Lungenerkrankungen gehören zu den großen Volkskrankheiten. Weltweit stellen sie die zweithäufigste Todesursache dar, Tendenz steigend. Eickelberg rechnet mit einem Zuwachs von bis zu 25 Prozent in den kommenden fünf bis zehn Jahren. Einige der Auslöser wie Zigarettenrauch und Abgasbestandteile sind bekannt. Aufklärung betrachtet der Forscher als wichtige gesellschaftliche Aufgabe. „Um die Diskrepanz zwischen der Bedeutung von Lungenerkrankungen und dem fehlenden Wissen in der Öffentlichkeit zu verringern“, sieht Eickelberg auch die Forschung in der Pflicht. Der im vergangenen Jahr am Helmholtz Zentrum München etablierte Lungeninformationsdienst sei ein „hervorragendes Vehikel“, um Wissen und aktuelle Ergebnisse aus der Forschung an Patienten, Angehörige und Selbsthilfegruppen weiterzugeben. 
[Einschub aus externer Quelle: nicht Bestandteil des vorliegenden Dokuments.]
-- ===== src/Base/Dict.antt =====
-- std::unordered_map with text keys, as an association list. The order of iteration, which the
-- standard leaves open, is the order of the list.
use Prim.Native.String.{String}
use mathlib.Core.Path.{◌≡◌, refl}
use mathlib.Core.Logic.{◌≢◌, ◌↔◌}
use mathlib.Core.Option.{Option, none, some}
use mathlib.Core.List.{List, [], ◌∷◌}
use native.Mathlib.Omega.{arith}
use text.Mathlib.Text.{◌==◌}
use text.Mathlib.TextEquality.{eq_iff}
use programmable_caching.Base.Tests.{if◌then◌else◌, Has}

abbrev pub Dict {ℓ} : Type ℓ → Type ℓ
Dict V = List (String × V)

abbrev pub keys {ℓ} : {V : Type ℓ} → Dict V → List String
keys [] = []
keys ((k, _) ∷ d) = k ∷ keys d

module _ {ℓ} {V : Type ℓ} where
  -- `d.find(k)`
  unfoldable pub lookup : String → Dict V → Option V
  lookup k [] = none
  lookup k ((j, v) ∷ d) = if j == k then some v else lookup k d

  -- `d[k] = v`
  unfoldable pub insert : String → V → Dict V → Dict V
  insert k v [] = (k, v) ∷ []
  insert k v ((j, w) ∷ d) = if j == k then (k, v) ∷ d else (j, w) ∷ insert k v d

  -- `d.erase(k)`
  unfoldable pub erase : String → Dict V → Dict V
  erase k [] = []
  erase k ((j, w) ∷ d) = let rest = erase k d in if j == k then rest else (j, w) ∷ rest

  -- What `d[k]` reads: a missing key is first given the default value.
  unfoldable pub get_or : String → V → Dict V → V
  get_or k v d = elim (lookup k d) [ none ↦ v | some w ↦ w ]

  pub lookup-insert :
      (j k : String) (v : V) (d : Dict V)
      → lookup j (insert k v d) ≡ (if k == j then some v else lookup j d)
  unfolding lookup insert
  lookup-insert j k v [] = refl
  lookup-insert j k v ((i, w) ∷ d) =
      ground (arith, eq_iff k j, eq_iff i k, eq_iff i j, lookup-insert j k v d)

  pub lookup-erase :
      (j k : String) (d : Dict V) → lookup j (erase k d) ≡ (if k == j then none else lookup j d)
  unfolding lookup erase
  lookup-erase j k [] = ground arith
  lookup-erase j k ((i, w) ∷ d) =
      ground (arith, eq_iff k j, eq_iff i k, eq_iff i j, lookup-erase j k d)

  pub get_or-insert :
      (j k : String) (e v : V) (d : Dict V)
      → get_or j e (insert k v d) ≡ (if k == j then v else get_or j e d)
  unfolding get_or
  get_or-insert j k e v d = ground (arith, lookup-insert j k v d)

  -- The keys that iteration meets are those that a lookup finds.
  pub Has-keys : (k : String) (d : Dict V) → Has k (keys d) ↔ (lookup k d ≢ none)
  unfolding lookup
  Has-keys k [] = (λ h. absurd h, λ h. absurd (h refl))
  Has-keys k ((j, v) ∷ d) = ground (arith, eq_iff j k, Has-keys k d)

-- No key stands twice; a real map never holds one twice.
abbrev pub UniqueKeys {ℓ} : {V : Type ℓ} → Dict V → Type ℓ
UniqueKeys [] = Unit
UniqueKeys ((k, _) ∷ d) = (lookup k d ≡ none) × UniqueKeys d

pub insert-UniqueKeys {ℓ} :
    {V : Type ℓ} (k : String) (v : V) (d : Dict V) → UniqueKeys d → UniqueKeys (insert k v d)
unfolding insert lookup
insert-UniqueKeys k v [] u = (refl, tt)
insert-UniqueKeys k v ((j, w) ∷ d) (fresh, u) =
    ground (arith, insert-UniqueKeys k v d u, lookup-insert j k v d, eq_iff k j, eq_iff j k)

pub ruleset dict_laws = (lookup-insert, lookup-erase, get_or-insert)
Zentraler Punkt aber ist für den Forscher und Arzt ein tiefgreifenderes Verständnis der Entstehung von Lungenerkrankungen. Eickelberg führt als Beispiel die idiopathische Lungenfibrose an, einen seiner persönlichen wissenschaftlichen Schwerpunkte: „Wir wissen nicht, was die Ursache ist, kennen kaum Risikofaktoren und auch keine genetische Komponente.“ Gemeinsam mit seiner Arbeitsgruppe untersucht er die Entstehungsmechanismen, um Therapien zu entwickeln, die die Ursachen der Erkrankung beheben – und sie so wirklich heilen. Kurzfristig geht es aber darum, ein Fortschreiten der Erkrankung zu verzögern und die Symptome zu lindern. „Mein größter Wunsch ist es, dazu beizutragen, eine wirkungsvolle Therapie an den Patienten zu bringen“, sagt Eickelberg, „Das wird heute oder morgen noch nicht klappen, aber hoffentlich in den nächsten zehn bis 15 Jahren.“ 

Als wissenschaftlicher Leiter des Comprehensive Pneumology Center, als Lehrstuhlinhaber für Experimentelle Pneumologie an der Ludwig-Maximilians-Universität und als Institutsdirektor am Helmholtz Zentrum München ist Eickelberg Chef von 150 Mitarbeitern. Oft pendelt er zwischen den Standorten Großhadern im Süden und dem Forschungscampus Neuherberg im Norden Münchens. Manchmal ergibt sich zwischen Terminen für ihn die Gelegenheit, sich in einem der Innenstadtcafés bei einem Espresso in die Literatur zu vertiefen. „Diese Momente sind oft eine Quelle der wissenschaftlichen Inspiration", sagt Eickelberg.  Den Hauptteil seines Tagesgeschäfts machen jedoch Managementaufgaben aus. „Hier sind Fertigkeiten gefragt, auf die man als junger Forscher gar nicht vorbereitet wurde“, sagt der 44-Jährige. An der CPC Research School, die dem Lungenzentrum angegliedert ist, werden deshalb neben wissenschaftlichen Grundlagen auch das Management von Forschungsprojekten und sogenannte Soft Skills gelehrt – darunter Gesprächsführung, Präsentationstechniken und Zeitmanagement. 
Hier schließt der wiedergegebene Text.